The encrypted answers serve another function here. They prevent the benchmark from being gradually absorbed into training data as a side effect of wide circulation. Years from now, when different researchers test new systems, they can still use these same ten problems with some confidence that the answers haven't already leaked into the models they're testing. The benchmark remains a stable reference point.
This echoes the broader challenge in AI evaluation: how do you measure progress honestly when the things you measure become part of what you train on? Encryption isn't a complete solution, but it's a practical one that other researchers can adopt and adapt.
The deeper question
Underneath this entire project is a recognition that AI evaluation has a credibility problem. When benchmarks are public and static, when they're built from published historical artifacts, when training data scales to encompass most of the internet, the traditional relationship between test and training breaks down. You can't evaluate whether an AI system can solve novel problems by testing it on published problems, because the published problems are no longer novel. They're part of the training data.
This paper offers one clean way forward: create benchmarks that emerge from ongoing research, encrypt the answers to prevent data leakage, and let them serve as stable reference points as the field evolves.
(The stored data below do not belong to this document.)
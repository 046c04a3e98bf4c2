-- ===== src/DurableQueue/Base64.antt =====
-- `base64.b64encode`, and `base64.b64decode` as it reads any text: it skips what is not of the
-- alphabet, and stops at a padding that completes a group.
use distributed_file_service.Prelude.{
  All, Option, [], arith, if◌then◌else◌, leb, ltb, none, refl, some, ℕ, ◌%◌, ◌&&◌, ◌*◌, ◌+◌, ◌-◌,
  ◌/◌, ◌<◌, ◌==◌, ◌∷◌, ◌≡◌,
}
use distributed_file_service.Text.{Bytes, Text}

unfoldable pub symbol : ℕ → ℕ
symbol i =
    if ltb i 26
    then 65 + i
    else if ltb i 52
    then 71 + i
    else if ltb i 62
    then i - 4
    else if i == 62
    then b'+'
    else b'/'

unfoldable pub sextet : ℕ → Option ℕ
sextet c =
    if leb 65 c && leb c 90
    then some (c - 65)
    else if leb 97 c && leb c 122
    then some (c - 71)
    else if leb 48 c && leb c 57
    then some (c + 4)
    else if c == b'+'
    then some 62
    else if c == b'/'
    then some 63
    else none

unfoldable pub encode : Bytes → Text
encode [] = []
encode (a ∷ []) = symbol (a / 4) ∷ symbol (a % 4 * 16) ∷ b'=' ∷ b'=' ∷ []
encode (a ∷ b ∷ []) =
    symbol (a / 4) ∷ symbol (a % 4 * 16 + b / 16) ∷ symbol (b % 16 * 4) ∷ b'=' ∷ []
encode (a ∷ b ∷ c ∷ rest) =
    symbol (a / 4)
    ∷ symbol (a % 4 * 16 + b / 16)
    ∷ symbol (b % 16 * 4 + c / 64)
    ∷ symbol (c % 64)
    ∷ encode rest

abbrev push : ℕ → Option Bytes → Option Bytes
push b none = none
push b (some bs) = some (b ∷ bs)

-- `quad` is the place in a group of four, `left` the bits left over from the last symbol, `pads`
-- the padding seen since; `none` is a `binascii.Error`.
unfoldable pub decode_from : ℕ → ℕ → ℕ → Text → Option Bytes
unfolding sextet
decode_from quad left pads [] = if quad == 0 then some [] else none
decode_from quad left pads (c ∷ s) = elim (sextet c) [
  | some v ↦
      let first = decode_from 1 v 0 s in
      let second = decode_from 2 (v % 16) 0 s in
      let third = decode_from 3 (v % 4) 0 s in
      let fourth = decode_from 0 0 0 s in
      if quad == 0
      then first
      else if quad == 1
      then push (left * 4 + v / 16) second
      else if quad == 2
      then push (left * 16 + v / 4) third
      else push (left * 64 + v) fourth
  | none ↦
      let skipped = decode_from quad left pads s in
      let padded = decode_from quad left (pads + 1) s in
      if c == b'=' && leb 2 quad
      then (if leb 4 (quad + (pads + 1)) then some [] else padded)
      else skipped
]

unfoldable pub decode : Text → Option Bytes
decode s = decode_from 0 0 0 s

abbrev pub IsByte : ℕ → Type 0
IsByte b = b < 256

sextet-symbol : (i : ℕ) → i < 64 → sextet (symbol i) ≡ some i
unfolding sextet symbol
sextet-symbol i h = ground arith

-- One step on a symbol, at each place of the group.
step0 :
    (i : ℕ) (l p : ℕ) (s : Text) → i < 64 → decode_from 0 l p (symbol i ∷ s) ≡ decode_from 1 i 0 s
unfolding decode_from
step0 i l p s h = rw (sextet-symbol i h, decode_from)

step1 :
    (i l p : ℕ) (s : Text)
    → i < 64
    → decode_from 1 l p (symbol i ∷ s) ≡ push (l * 4 + i / 16) (decode_from 2 (i % 16) 0 s)
unfolding decode_from
step1 i l p s h = rw (sextet-symbol i h, decode_from)

step2 :
    (i l p : ℕ) (s : Text)
    → i < 64
    → decode_from 2 l p (symbol i ∷ s) ≡ push (l * 16 + i / 4) (decode_from 3 (i % 4) 0 s)
unfolding decode_from
step2 i l p s h = rw (sextet-symbol i h, decode_from)

step3 :
    (i l p : ℕ) (s : Text)
    → i < 64
    → decode_from 3 l p (symbol i ∷ s) ≡ push (l * 64 + i) (decode_from 0 0 0 s)
unfolding decode_from
step3 i l p s h = rw (sextet-symbol i h, decode_from)

padding2 : (l : ℕ) → decode_from 2 l 0 (b'=' ∷ b'=' ∷ []) ≡ some []
unfolding decode_from
padding2 l = refl

padding3 : (l : ℕ) → decode_from 3 l 0 (b'=' ∷ []) ≡ some []
unfolding decode_from
padding3 l = refl

done : decode_from 0 0 0 [] ≡ some []
unfolding decode_from
done = refl

-- Decoding an encoded sequence of bytes gives it back.
pub decode-encode : (bytes : Bytes) → All IsByte bytes → decode (encode bytes) ≡ some bytes
unfolding decode encode
decode-encode [] h = done
decode-encode (a ∷ []) h =
    rw
      (
        step0 (a / 4) 0 0 _ (omega (arith, h.0)),
        step1 (a % 4 * 16) (a / 4) 0 _ (omega arith),
        padding2 (a % 4 * 16 % 16),
      )
      (ground arith)
decode-encode (a ∷ b ∷ []) h =
    rw
      (
        step0 (a / 4) 0 0 _ (omega (arith, h.0)),
        step1 (a % 4 * 16 + b / 16) (a / 4) 0 _ (omega (arith, h.1.0)),
        step2 (b % 16 * 4) ((a % 4 * 16 + b / 16) % 16) 0 _ (omega arith),
        padding3 (b % 16 * 4 % 4),
      )
      (ground arith)
decode-encode (a ∷ b ∷ c ∷ rest) h =
    rw
      (
        step0 (a / 4) 0 0 _ (omega (arith, h.0)),
        step1 (a % 4 * 16 + b / 16) (a / 4) 0 _ (omega (arith, h.1.0)),
        step2 (b % 16 * 4 + c / 64) ((a % 4 * 16 + b / 16) % 16) 0 _ (omega (arith, h.1.1.0)),
        step3 (c % 64) ((b % 16 * 4 + c / 64) % 4) 0 _ (omega arith),
        decode-encode rest h.1.1.1,
      )
      (ground arith)
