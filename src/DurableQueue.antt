-- ===== src/DurableQueue.antt =====
-- app/durable_queue.py: the tasks that chunk writes travel as, the queue interface with its
-- in-memory class, and the store in which a consumer leaves the result for the request that waits.
pub mod Base64
pub mod Delivery
use Prim.Native.String.{String}
use distributed_file_service.Prelude.{List, Option, [], none, some, ℕ, ◌++◌, ◌∷◌}
use distributed_file_service.Text.{Bytes, Text}
use distributed_file_service.Exec.{Exec, ok, pure}
use distributed_file_service.Dict.{Dict, insert, lookup, remove}
use Base64.{encode, decode}

pub record ChunkWriteTask : Type 0 where
  pub task_id : Text
  pub upload_id : Text
  pub chunk_index : ℕ
  pub multipart_upload_id : Option Text
  pub data_b64 : Text

-- `ChunkWriteTask.from_bytes`; the id, a new `uuid4`, is an argument.
unfoldable pub from_bytes : Text → Text → ℕ → Bytes → Option Text → ChunkWriteTask
from_bytes task_id upload_id chunk_index bytes multipart_upload_id = record {
  task_id = task_id;
  upload_id = upload_id;
  chunk_index = chunk_index;
  multipart_upload_id = multipart_upload_id;
  data_b64 = encode bytes;
}

-- `data()`; `none` is a `binascii.Error`.
unfoldable pub task_data : ChunkWriteTask → Option Bytes
task_data task = decode task.data_b64

pub record QueueMessage : Type 0 where
  pub receipt : Text
  pub task : ChunkWriteTask

-- The class `DurableQueue`; `Q` is the state behind it.
pub record DurableQueue (Q : Type 0) : Type 0 where
  pub enqueue : ChunkWriteTask → Exec Q Unit
  pub dequeue : Exec Q (Option QueueMessage)
  pub ack : Text → Exec Q Unit

-- `MemoryDurableQueue`. `get` with a timeout comes back empty when nothing is put meanwhile.
unfoldable pub memory_dequeue : Exec (List ChunkWriteTask) (Option QueueMessage)
memory_dequeue [] = (ok none, [])
memory_dequeue (task ∷ tasks) = (ok (some (record { receipt = task.task_id; task = task })), tasks)

abbrev pub memory_queue : DurableQueue (List ChunkWriteTask)
memory_queue = record {
  enqueue = λ task tasks. (ok tt, tasks ++ task ∷ []);
  dequeue = memory_dequeue;
  ack = λ receipt. pure tt;
}

pub data TaskResult : Type 0 where
  success : Text → Option Text → TaskResult
  failure : String → TaskResult

-- `ChunkResultStore`: each method holds the lock.
abbrev pub Results : Type 0
Results = Dict TaskResult

unfoldable pub set_success : Text → Text → Option Text → Results → Results
set_success task_id key etag results = insert task_id (success key etag) results

unfoldable pub set_error : Text → String → Results → Results
set_error task_id error results = insert task_id (failure error) results

-- One poll of `wait`: `self._results.pop(task_id, None)`.
unfoldable pub poll : Text → Results → Option TaskResult × Results
poll task_id results = (lookup task_id results, remove task_id results)

-- `wait`: one poll for each entry of the list, which is what the other threads do to the store
-- before the next poll; the deadline passes at its end.
unfoldable pub wait : List (Results → Results) → Text → Results → Option TaskResult × Results
unfolding poll
wait [] task_id results = (none, results)
wait (others ∷ rest) task_id results =
    let later = wait rest task_id (others (poll task_id results).1) in
    elim (poll task_id results).0 [
      | none ↦ later
      | some result ↦ (some result, (poll task_id results).1)
    ]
It's a small move methodologically, but it addresses a real gap in how we currently think about measuring AI progress.
The value isn't in the specific ten problems or in whoever tests them first. The value is in having a shared instrument for asking the question year after year, watching how the answers change, maintaining the integrity of the signal even as everything else around it shifts. That's how you build honest measures of progress in a field moving as fast as this one.